The use of lugs or pins in this manner suffers from numerous disadvantages. The lugs can and will fall out in which event not only will the connection to the tubing be lost, but the lugs can jam in the hole and damage the tool string. The lugs can be sheared off or, if the lugs are stronger than the tubing, the apertures or notches in the tubing can distort or even "rip". There is the additional problem of actually forming the notches in the tubing under field conditions and doing so in proper registry with the holes for the lugs provided in the connector sleeve. Moreover, should the lugs fall out, be sheared off or simply loosen, drilling fluid passing through the tubing will escape resulting in a loss of circulation at the bit.
All of these problems are avoided by the present connector wherein slips 20 are themselves formed with dovetail fingers 27 that interlock with seal sub 30 to prevent rotation of tubing 50 relative to connector 1 as will now be described with reference to FIGS. 1 to 4.
As seen most easily from the flat development of the slips shown in FIG. 3, each of slips 20 is generally T-shaped with the vertical stroke of the T defining a tapered finger 27. Fingers 27 are formed at the downhole ends 24 of slips 20 and are generally cross-sectionally thicker than ends 21 where buttress threads 23 are formed. Fingers 27 are dimensioned to closely mesh with co-operatively opposed teeth 33 provided at the uphole end 31 of seal sub 30. As will be appreciated, the meshing of fingers 27 and teeth 33 thusly prevents relative rotation between tubing 50 and connector 1 without perforation of the tubing and without the need for lugs or pins.

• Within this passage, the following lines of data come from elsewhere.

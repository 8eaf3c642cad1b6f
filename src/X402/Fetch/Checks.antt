-- ===== src/X402/Fetch/Checks.antt =====
-- shielded-fetch.ts, steps 1 and 9 to 11: what is checked before a payment is made.
use text.Mathlib.Text.{starts_with}
use phalnx.Base.{
  ℕ, Bool, true, false, ◌&&◌, List, [], ◌∷◌, ◌++◌, Option, none, some, String, Result, ok, err,
  ◌>>=◌, Task, throw_if, if◌then◌else◌, ltb,
}
use phalnx.X402.{PaymentRequirements, X402Config}
use phalnx.X402.Nonces.{NonceTracker, check_or_throw}
use phalnx.X402.Amounts.{validate_payment_amount}
use phalnx.X402.Bridge.{PaymentViolation, evaluate_x402_payment}
use phalnx.Shield.Context.{Context}
use phalnx.X402.Fetch.{
  FetchError, FetchConfig, FetchOptions, PaymentState, FetchServices, insecure_url,
  above_max_payment, replayed, bad_amount, not_evaluated, denied_by_policy, external,
}

module _ {World : Type 0} (s : FetchServices World) where
  abbrev pub Step {κ} : Type κ → Type κ
  Step A = Task (PaymentState World) FetchError A

  abbrev pub answered {κ} :
      {A : Type κ}
      → PaymentState World
      → Result String A × World
      → Result FetchError A × PaymentState World
  answered st (err message, w) = (err (external message), record st { world = w })
  answered st (ok a, w) = (ok a, record st { world = w })

  -- A call outside: what it throws is passed on.
  abbrev pub outside {κ} : {A : Type κ} → Task World String A → Step A
  outside task st = answered st (task st.world)

  abbrev pub no_external : Unit {0} → String → Bool
  no_external x key = false

  abbrev pub unchanged : Unit {0} → String → ℕ → Unit {0}
  unchanged x key expires_at = x

  -- An error of a part is one of the flow.
  abbrev pub mapped {κ ν} :
      {E : Type κ} {A : Type ν} → (E → FetchError) → Result E A → Result FetchError A
  mapped f (err e) = err (f e)
  mapped f (ok a) = ok a

  unfoldable pub check_url : Bool → String → Result FetchError (Unit {0})
  check_url insecure url =
      if starts_with url "https://"
      then ok tt
      else if insecure && starts_with url "http://"
      then ok tt
      else err insecure_url

  abbrev pub check_nonce :
      Bool
      → String
      → PaymentRequirements
      → ℕ
      → NonceTracker (Unit {0})
      → Result FetchError (Unit {0}) × NonceTracker (Unit {0})
  check_nonce false url selected now tracker = (ok tt, tracker)
  check_nonce true url selected now tracker =
      let (checked, tracker') =
        check_or_throw s.without_query no_external unchanged url selected.pay_to selected.amount now
          tracker in
      (mapped replayed checked, tracker')

  -- Step 9: a payment that is still recorded is not made again.
  unfoldable pub check_replay : FetchConfig → String → PaymentRequirements → Step (Unit {0})
  check_replay config url selected st =
      let (checked, tracker) =
        check_nonce config.enable_replay_protection url selected (s.now_ms st.world) st.tracker in
      (checked, record st { tracker = tracker })

  abbrev pub check_max : Option ℕ → ℕ → Result FetchError (Unit {0})
  check_max none amount = ok tt
  check_max (some ceiling) amount = throw_if (ltb ceiling amount) above_max_payment

  -- Step 10.
  unfoldable pub check_amount :
      FetchConfig → FetchOptions → PaymentRequirements → PaymentState World → Result FetchError ℕ
  check_amount config options selected st =
      mapped bad_amount
        (validate_payment_amount s.big_int config.config st.recent_amounts selected.amount)
      >>= λ amount. check_max options.max_payment amount >>= λ _. ok amount

  abbrev pub none_found : List PaymentViolation → Result FetchError (Unit {0})
  none_found [] = ok tt
  none_found (v ∷ vs) = err (denied_by_policy (v ∷ vs))

  abbrev pub evaluated :
      Option Context → X402Config → PaymentRequirements → ℕ → Result FetchError (Unit {0})
  evaluated none config selected now = ok tt
  evaluated (some c) config selected now =
      mapped not_evaluated (evaluate_x402_payment s.big_int selected c config (some s.signer) now)
      >>= none_found

  abbrev pub is_denial : Result FetchError (Unit {0}) → Bool
  is_denial (err (denied_by_policy vs)) = true
  is_denial _ = false

  -- Step 11: a denial is reported, and thrown.
  unfoldable pub check_policy : FetchConfig → PaymentRequirements → Step (Unit {0})
  check_policy config selected st =
      let result = evaluated st.context config.config selected (s.now_ms st.world) in
      (
        result,
        if is_denial result
            then record st { events = st.events ++ ((false, selected) ∷ []) }
            else st,
      )
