-- ===== src/X402/Fetch/Approved.antt =====
-- What each check of shieldedFetch says of a payment, apart from the code of the check.
use text.Mathlib.Text.{starts_with}
use phalnx.Base.{
  ℕ, ◌<◌, ◌≡◌, ◌≢◌, ◌⊎◌, inl, inr, refl, sym, ap, ◌∙◌, Bool, true, false, List, [], ◌∷◌, Option,
  none, some, String, str_eq, eq_iff, Result, ok, err, ok-eq, >>=-eq-ok, ltb, has, In, here, there,
  All, filter_by, lookup, arith, Bool-cases,
}
use phalnx.Core.Policies.{or_default, day_ms}
use phalnx.Shield.State.{get_total_spend_in_window}
use phalnx.Shield.Context.{Context}
use phalnx.X402.{PaymentRequirements, X402Config}
use phalnx.X402.Selector.{is_allowed, is_eligible}
use phalnx.X402.Nonces.{
  NonceTracker, is_live, is_stored, build_key, gc, is_duplicate, check_or_throw,
}
use phalnx.X402.Amounts.{WithinCeiling}
use phalnx.X402.Bridge.{PaymentViolation, evaluate_x402_payment}
use phalnx.X402.Bridge.Laws.{
  WithinCumulative, WithinPayment, ShieldAllows, evaluate_x402_payment_iff,
}
use phalnx.X402.Fetch.{replayed, FetchError, FetchServices, not_evaluated}
use phalnx.X402.Fetch.Checks.{
  no_external, unchanged, mapped, check_url, check_nonce, check_max, none_found, evaluated,
}

-- A URL of HTTPS, or of HTTP where that is allowed.
abbrev pub IsSecure : Bool → String → Type 0
IsSecure insecure url =
    (starts_with url "https://" ≡ true) ⊎ ((insecure ≡ true) × (starts_with url "http://" ≡ true))

-- One of the allowed, where there is a list of them.
abbrev pub OneOf : Option (List String) → String → Type 0
OneOf none a = Unit
OneOf (some allowed) a = In a allowed

has-In : (xs : List String) (a : String) → has xs a ≡ true → In a xs
has-In [] a h = cc
has-In (x ∷ xs) a h = elim (Bool-cases (str_eq x a)) [
  | inl same ↦ here (sym ((eq_iff x a).0 same))
  | inr other ↦ there (has-In xs a (ground (arith, h, other)))
]

is_allowed-OneOf :
    (allowed : Option (List String)) (a : String) → is_allowed allowed a ≡ true → OneOf allowed a
is_allowed-OneOf none a h = tt
is_allowed-OneOf (some allowed) a h = has-In allowed a h

pub eligible-parts :
    (config : X402Config) (o : PaymentRequirements)
    → is_eligible config o ≡ true
    → (starts_with o.network "solana:" ≡ true)
      × OneOf config.allowed_tokens o.asset
      × OneOf config.allowed_destinations o.pay_to
eligible-parts config o h = (
  ground (arith, h),
  is_allowed-OneOf config.allowed_tokens o.asset (ground (arith, h)),
  is_allowed-OneOf config.allowed_destinations o.pay_to (ground (arith, h)),
)

-- No record of the payment that has not expired.
abbrev pub IsFresh : String → ℕ → List (String × ℕ) → Type 0
IsFresh key now records = All (λ entry. (entry.0 ≢ key) ⊎ (entry.1 < now)) records

not_stored-IsFresh :
    (key : String) (now : ℕ) (records : List (String × ℕ))
    → is_stored (lookup key (filter_by (is_live now) records)) ≡ false
    → IsFresh key now records
not_stored-IsFresh key now [] h = tt
not_stored-IsFresh key now ((k, expires) ∷ records) h = elim (Bool-cases (ltb expires now)) [
  | inl gone ↦
      (inr (ground (arith, gone)), not_stored-IsFresh key now records (ground (arith, h, gone)))
  | inr live ↦ elim (Bool-cases (str_eq k key)) [
    | inl same ↦ ground (arith, h, live, same)
    | inr other ↦ (
      inl (λ e. let equal = (eq_iff k key).1 e in cc),
      not_stored-IsFresh key now records (ground (arith, h, live, other)),
    )
  ]
]

module _ {World : Type 0} (s : FetchServices World) where
  pub check_url-IsSecure :
      (insecure : Bool) (url : String) → check_url s insecure url ≡ ok tt → IsSecure insecure url
  unfolding check_url
  check_url-IsSecure insecure url h = elim (Bool-cases (starts_with url "https://")) [
    | inl secure ↦ inl secure
    | inr plain ↦ inr (ground (arith, h, plain), ground (arith, h, plain))
  ]

  pub check_max-within :
      (given : Option ℕ) (amount : ℕ)
      → check_max s given amount ≡ ok tt
      → WithinCeiling given amount
  check_max-within none amount h = tt
  check_max-within (some ceiling) amount h = ground (arith, h)

  -- The protection against replays is off, or there is no record of the payment.
  abbrev pub IsUnseen : Bool → String → PaymentRequirements → ℕ → NonceTracker (Unit {0}) → Type 0
  IsUnseen protected url selected now tracker =
      (protected ≡ false)
      ⊎ IsFresh (build_key s.without_query url selected.pay_to selected.amount) now tracker.storage

  not_duplicate :
      (url : String) (selected : PaymentRequirements) (now : ℕ) (tracker : NonceTracker (Unit {0}))
      → (mapped s replayed
          (check_or_throw s.without_query
            (no_external s)
            (unchanged s)
            url
            selected.pay_to
            selected.amount
            now
            tracker).0)
        ≡ ok tt
      → is_stored (
          lookup
            (build_key s.without_query url selected.pay_to selected.amount)
            (filter_by (is_live now) tracker.storage))
        ≡ false
  unfolding check_or_throw is_duplicate gc
  not_duplicate url selected now tracker h = ground (arith, h)

  pub check_nonce-IsUnseen :
      (protected : Bool) (url : String) (selected : PaymentRequirements) (now : ℕ)
      (tracker : NonceTracker (Unit {0}))
      → (check_nonce s protected url selected now tracker).0 ≡ ok tt
      → IsUnseen protected url selected now tracker
  check_nonce-IsUnseen false url selected now tracker h = inl refl
  check_nonce-IsUnseen true url selected now tracker h =
      inr (not_stored-IsFresh _ now tracker.storage (not_duplicate url selected now tracker h))

  -- Where the caller has a shield, it is not paused, and the payment is within its limits and allowed.
  abbrev pub ShieldPermits : Option Context → X402Config → PaymentRequirements → ℕ → Type 0
  ShieldPermits none config selected now = Unit
  ShieldPermits (some c) config selected now =
      (c.is_paused ≡ false)
      × WithinCumulative config.max_cumulative_spend (s.big_int selected.amount)
          (get_total_spend_in_window (or_default config.cumulative_window_ms day_ms) now c.state)
      × WithinPayment config.max_payment_per_request (s.big_int selected.amount)
      × ShieldAllows (some s.signer) selected c now

  none_found-ok : (vs : List PaymentViolation) → none_found s vs ≡ ok tt → vs ≡ []
  none_found-ok [] h = refl
  none_found-ok (v ∷ vs) h = cc

  pub mapped-ok {κ ν} :
      {E : Type κ} {A : Type ν} (f : E → FetchError) (r : Result E A) (a : A)
      → mapped s f r ≡ ok a
      → r ≡ ok a
  mapped-ok f (err e) a h = cc
  mapped-ok f (ok b) a h = ap (λ x. ok x) (ok-eq h)

  pub evaluated-permits :
      (context : Option Context) (config : X402Config) (selected : PaymentRequirements) (now : ℕ)
      → evaluated s context config selected now ≡ ok tt
      → ShieldPermits context config selected now
  evaluated-permits none config selected now h = tt
  evaluated-permits (some c) config selected now h =
      let (vs, found, silent) =
        >>=-eq-ok
          (mapped s not_evaluated
            (evaluate_x402_payment s.big_int selected c config (some s.signer) now))
          (none_found s) h in
      let result = mapped-ok not_evaluated _ vs found in
      (evaluate_x402_payment_iff s.big_int selected c config (some s.signer) now).0
        (result ∙ ap (λ x. ok x) (none_found-ok vs silent))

With reference to FIGS. 5 and 6, connector 1 is connected to tubing 50 by first sliding the top sub 10 over the terminal end of tubing 50 and holding this sub up and away from tubing is the lower end in any suitable fashion. Washer 13 and wedge 15 are then placed over the tubing with fingers 17 of the wedge extending in the downhole direction. The terminal end of the tubing, including an internal tubular support 40 fitted concentrically therein to prevent crushing of the tubing during application of the compressive force on wedge 15, and which has been externally grooved to engage the factory seam 90 in the coiled tubing, is then inserted into the upstream end 31 of seal sub 30. Seal sub 30, including the end of tubing 50 inserted therein, is supported on a push plate 66 of a presetting load press 60 that will be described in greater detail below. Slips 20 are then individually placed by hand around the tubing with fingers 27 loosely positioned between teeth 33 on seal sub 38. Washer 13 and wedge 15 are then lowered down the tubing and over the uphole ends of the slips to overlie the same as best seen from FIG. 6. A top plate 69 of press 60 is then assembled over washer 13 and wedge 15. Press 60 is then used to apply a compressive force to the washer and wedge which causes buttress threads 23 on the slips to bite into the tubing's outer surface. Wedge 15 is oriented so that its fingers 17 also mesh between seal sub teeth 33 as the loading progresses. In one embodiment constructed by the applicant, press 60 applies a compressive force of 60,000 pounds to wedge 15. Following compression, top plate 69 is removed and top sub 10 is lowered down the tubing for a torqued threaded connection to seal sub 30 so that wedge 15 maintains slips 20 in compressive contact with the coiled tubing (as seen best in FIG. 1) and which completes the assembly of the connector to the tubing.
Although the torqued connection between the top and seal subs can itself cause loading of slips 20 against tubing 50, preloading of the slips as described above ensures a far stronger rotation-resistant connection of the slips to the tubing in the event of maximum anticipated loading on the connector.
The downhole end 4 of seal sub 30 is internally threaded at 36 for connection to the remainder of the downhole tool string.
With reference once again to FIGS. 5 and 6, there will now follow a more detailed description of load press 60.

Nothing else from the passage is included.